Consumers appear to be relying heavily on deliberate and sustained efforts to manage their finances. The most common strategies include seeking out promotions and bargains (91%), reducing spending on luxuries and spontaneous purchases (85%), and cutting back on social outings (83%).
The survey shows that a disciplined approach to budgeting is also evident, with 83% of respondents adhering to monthly budgets. Many are making conscious choices about the goods and services they consume, such as reducing subscription services (66%), opting for local products over international ones (65%), and changing grocery shopping habits (62%).
Beyond day-to-day adjustments, the survey says that some South Africans are making more significant lifestyle sacrifices. These include cutting back on hobbies (56%), using public transport or carpooling (51%), reducing spending on sports and gym memberships (49%), and downsizing their homes (39%).

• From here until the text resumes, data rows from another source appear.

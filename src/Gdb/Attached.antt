-- ===== src/Gdb/Attached.antt =====
-- The calls that `R`, the queries and the `v` packets make are on the target that the variables give, or
-- on the one that they attach to.
use blackmagic_espidf.Base.{
  if◌then◌else◌, not, ◌&&◌, refl, ℕ, ◌≡◌, Bool, true, false, none, some, List, map, [], ◌∷◌, ◌==◌,
  ◌||◌, drop,
}
use blackmagic_espidf.Base.Int.{ℤ, pos, negsuc}
use blackmagic_espidf.Base.Text.{codes, str_eq}
use blackmagic_espidf.Gdb.State.{
  command_process, Pointer, Server, Client, Call, target_mem_map, target_regs_description, call,
  Probe, Out, put, answer,
}
use blackmagic_espidf.Gdb.Run.{restart, attached}
use blackmagic_espidf.Gdb.Query.{
  Query, query, unknown, with_region, or_empty, rcmd, supported, is_attached, memory_map, features,
  current, thread_first, thread_next, crc, starts_with, command_reply, run_command, monitor_reset,
  command_text, monitor, reattached, hand_out, on_query, handle_q_packet,
}
use blackmagic_espidf.Gdb.Pointers.{
  At, is_null, IsOn, AreOn, Attaches, Keeps, server, append-AreOn, if_AreOn, answer-Keeps,
  attached-Keeps,
}

-- `r` without a target, whose attachment fails.
unfoldable pub failed_restart : Probe → Pointer → Pointer → Bool
failed_restart w none (some l) = is_null (w.attach l)
failed_restart w none none = false
failed_restart w (some t) last = false

-- `qRcmd` without a target, but for `reset`.
unfoldable pub unchecked_query : Probe → Pointer → List ℕ → Query → Bool
unchecked_query w cur packet rcmd =
    not (starts_with (codes "reset") (command_text w packet)) && is_null cur
unchecked_query w cur packet supported = false
unchecked_query w cur packet is_attached = false
unchecked_query w cur packet memory_map = false
unchecked_query w cur packet features = false
unchecked_query w cur packet current = false
unchecked_query w cur packet thread_first = false
unchecked_query w cur packet thread_next = false
unchecked_query w cur packet unknown = false
unchecked_query w cur packet (crc addr alen) = false

module _ (R : ℕ → Type 0) (nulls : Bool) (mode : Bool) (c : Client) (w : Probe)
    (attaches : Attaches R w) where
  abbrev Kept : Pointer → Pointer → (Server → Client → Out) → Type 0
  Kept cur last handler = At R cur → At R last → Keeps R nulls (handler (server cur last mode) c)

  restarted-Keeps :
      (l : ℕ) (p : Pointer)
      → (is_null p ≡ true → nulls ≡ true)
      → At R p
      → Kept none (some l) (λ s c. attached s c p)
  restarted-Keeps l none h new on on' = attached-Keeps R nulls (some l) mode c on' none none h tt on
  restarted-Keeps l (some t) h new on on' = record {
    calls = (new, tt);
    knows = record { cur = new; last = on' };
  }

  pub restart-Keeps :
      (cur last : Pointer)
      → (failed_restart w cur last ≡ true → nulls ≡ true)
      → Kept cur last (restart w)
  unfolding restart failed_restart
  restart-Keeps none none h on on' = record { calls = tt; knows = record { cur = tt; last = tt } }
  restart-Keeps none (some l) h on on' =
      restarted-Keeps l (w.attach l) h (attaches.again l on') on on'
  restart-Keeps (some t) last h on on' = record {
    calls = (on, tt);
    knows = record { cur = on; last = on' };
  }

  answered-Keeps : (cur last : Pointer) (text : List ℕ) → Kept cur last (λ s c. answer s c text)
  answered-Keeps cur last text on on' = answer-Keeps R nulls last mode c on' cur text on

  pub monitor_reset-Keeps : (cur last : Pointer) → Kept cur last monitor_reset
  unfolding monitor_reset
  monitor_reset-Keeps none last on on' = answered-Keeps none last _ on on'
  monitor_reset-Keeps (some t) last on on' = record {
    calls = (on, (tt, tt));
    knows = record { cur = on; last = on' };
  }

  command_reply-AreOn : (value : ℤ) → AreOn R nulls (command_reply value)
  command_reply-AreOn (negsuc n) = (tt, tt)
  command_reply-AreOn (pos n) =
      if_AreOn R nulls (put (codes "OK") ∷ []) _ (n == 0) (tt, tt)
        (if_AreOn R nulls [] (put (b'E' ∷ []) ∷ []) (n == 255) tt (tt, tt))

  sent-AreOn : (texts : List (List ℕ)) → AreOn R nulls (map put texts)
  sent-AreOn [] = tt
  sent-AreOn (text ∷ texts) = (tt, sent-AreOn texts)

  process-IsOn :
      (text : List ℕ) (cur : Pointer)
      → (is_null cur ≡ true → nulls ≡ true)
      → At R cur
      → IsOn R nulls (command_process cur text)
  process-IsOn text none h on = h refl
  process-IsOn text (some t) h on = on

  run_command-Keeps :
      (text : List ℕ) (cur last : Pointer)
      → (is_null cur ≡ true → nulls ≡ true)
      → Kept cur last (λ s c. run_command w s c text)
  run_command-Keeps text cur last h on on' =
      let (value, text') = w.command cur text in
      record {
        calls = (
          process-IsOn text cur h on,
          append-AreOn R nulls (map put (w.command_sent cur text)) _
              (sent-AreOn (w.command_sent cur text))
              (if_AreOn R nulls [] (command_reply value)
                (str_eq text' (codes "ReadAP") || str_eq text' (codes "WriteDP")) tt
                (command_reply-AreOn value)),
        );
        knows = record { cur = on; last = on' };
      }

  command-Keeps :
      (reset : Bool) (text : List ℕ) (cur last : Pointer)
      → ((not reset && is_null cur) ≡ true → nulls ≡ true)
      → Kept cur last (λ s c. if reset then monitor_reset s c else run_command w s c text)
  command-Keeps true text cur last h on on' = monitor_reset-Keeps cur last on on'
  command-Keeps false text cur last h on on' = run_command-Keeps text cur last h on on'

  monitor-Keeps :
      (packet : List ℕ) (cur last : Pointer)
      → (unchecked_query w cur packet rcmd ≡ true → nulls ≡ true)
      → Kept cur last (λ s c. monitor w s c packet)
  unfolding monitor unchecked_query
  monitor-Keeps packet cur last =
      command-Keeps (starts_with (codes "reset") (command_text w packet)) (command_text w packet)
        cur last

  -- A query about the target, in the variables that it leaves.
  asked-Keeps :
      (text : ℕ → Call × List ℕ) (param : List ℕ) (p last : Pointer)
      → Kept p last (λ s c. hand_out w s c (λ t. (call (text t).0 (some t), (text t).1)) param)
  unfolding hand_out
  asked-Keeps text param none last on on' = answered-Keeps none last _ on on'
  asked-Keeps text param (some t) last on on' = record {
    calls = (on, (tt, tt));
    knows = record { cur = on; last = on' };
  }

  reattached-Keeps :
      (text : ℕ → Call × List ℕ) (param : List ℕ) (cur last : Pointer)
      → Kept cur last
          (λ s c. hand_out w (reattached w s) c (λ t. (call (text t).0 (some t), (text t).1)) param)
  reattached-Keeps text param none none on on' = asked-Keeps text param none none tt tt
  reattached-Keeps text param none (some l) on on' =
      asked-Keeps text param (w.attach l) (some l) (attaches.again l on') on'
  reattached-Keeps text param (some t) last on on' = asked-Keeps text param (some t) last on on'

  module _ (digits : ℕ → List ℕ) (packet : List ℕ) where
    on_query-Keeps :
        (cur last : Pointer) (q : Query)
        → (unchecked_query w cur packet q ≡ true → nulls ≡ true)
        → Kept cur last (λ s c. on_query digits w s c packet q)
    unfolding on_query
    on_query-Keeps cur last rcmd h on on' = monitor-Keeps packet cur last h on on'
    on_query-Keeps cur last supported h on on' = answered-Keeps cur last _ on on'
    on_query-Keeps cur last is_attached h on on' = answered-Keeps cur last _ on on'
    on_query-Keeps cur last memory_map h on on' =
        reattached-Keeps (λ t. (target_mem_map, with_region (w.mem_map t))) (drop 23 packet) cur
          last on on'
    on_query-Keeps cur last features h on on' =
        reattached-Keeps (λ t. (target_regs_description, or_empty (w.description t)))
          (drop 31 packet) cur last on on'
    on_query-Keeps none last (crc addr alen) h on on' = answered-Keeps none last _ on on'
    on_query-Keeps (some t) last (crc addr alen) h on on' = record {
      calls = (on, (tt, tt));
      knows = record { cur = on; last = on' };
    }
    on_query-Keeps cur last current h on on' = answered-Keeps cur last _ on on'
    on_query-Keeps cur last thread_first h on on' = answered-Keeps cur last _ on on'
    on_query-Keeps cur last thread_next h on on' = answered-Keeps cur last _ on on'
    on_query-Keeps cur last unknown h on on' = answered-Keeps cur last _ on on'

    pub handle_q_packet-Keeps :
        (cur last : Pointer)
        → (unchecked_query w cur packet (query w packet) ≡ true → nulls ≡ true)
        → Kept cur last (λ s c. handle_q_packet digits w s c packet)
    unfolding handle_q_packet
    handle_q_packet-Keeps cur last h on on' = on_query-Keeps cur last (query w packet) h on on'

Others have taken even more drastic steps, such as pausing their education (37%) or selling personal possessions (29%) to generate income, it says.
The survey also highlights a growing reliance on informal debt. Borrowing from family and friends (27%) is more common than taking personal loans from financial institutions (24%), suggesting that many consumers either lack access to formal credit or prefer to avoid the associated costs. Additionally, some are tapping into existing assets, with 22% drawing from excess home loan funds and 20% increasing their credit card limits.
Debt repayment remains a significant challenge, says the survey, particularly with credit card payments, which 51% of respondents struggle to meet each month. Essential expenses such as groceries, home loan repayments, fuel, and school fees are also difficult for about a third of consumers to afford. While insurance payments are a concern for some, they appear to be less burdensome than other financial obligations, possibly indicating that consumers are prioritising more immediate needs. The survey states in response to these pressures, many South Africans are turning to side hustles and additional employment.
The survey found that 42% of respondents have taken on extra work to boost their income, a trend that spans all age groups. Others are selling household items (21%) and valuables such as jewellery or art (18%) to make ends meet. More drastic measures include moving children to more affordable schools (16%), selling vehicles (7%), and altering living arrangements, such as selling property and relocating to cheaper housing (5%), moving in with family (5%), or renting (4%), the survey shows.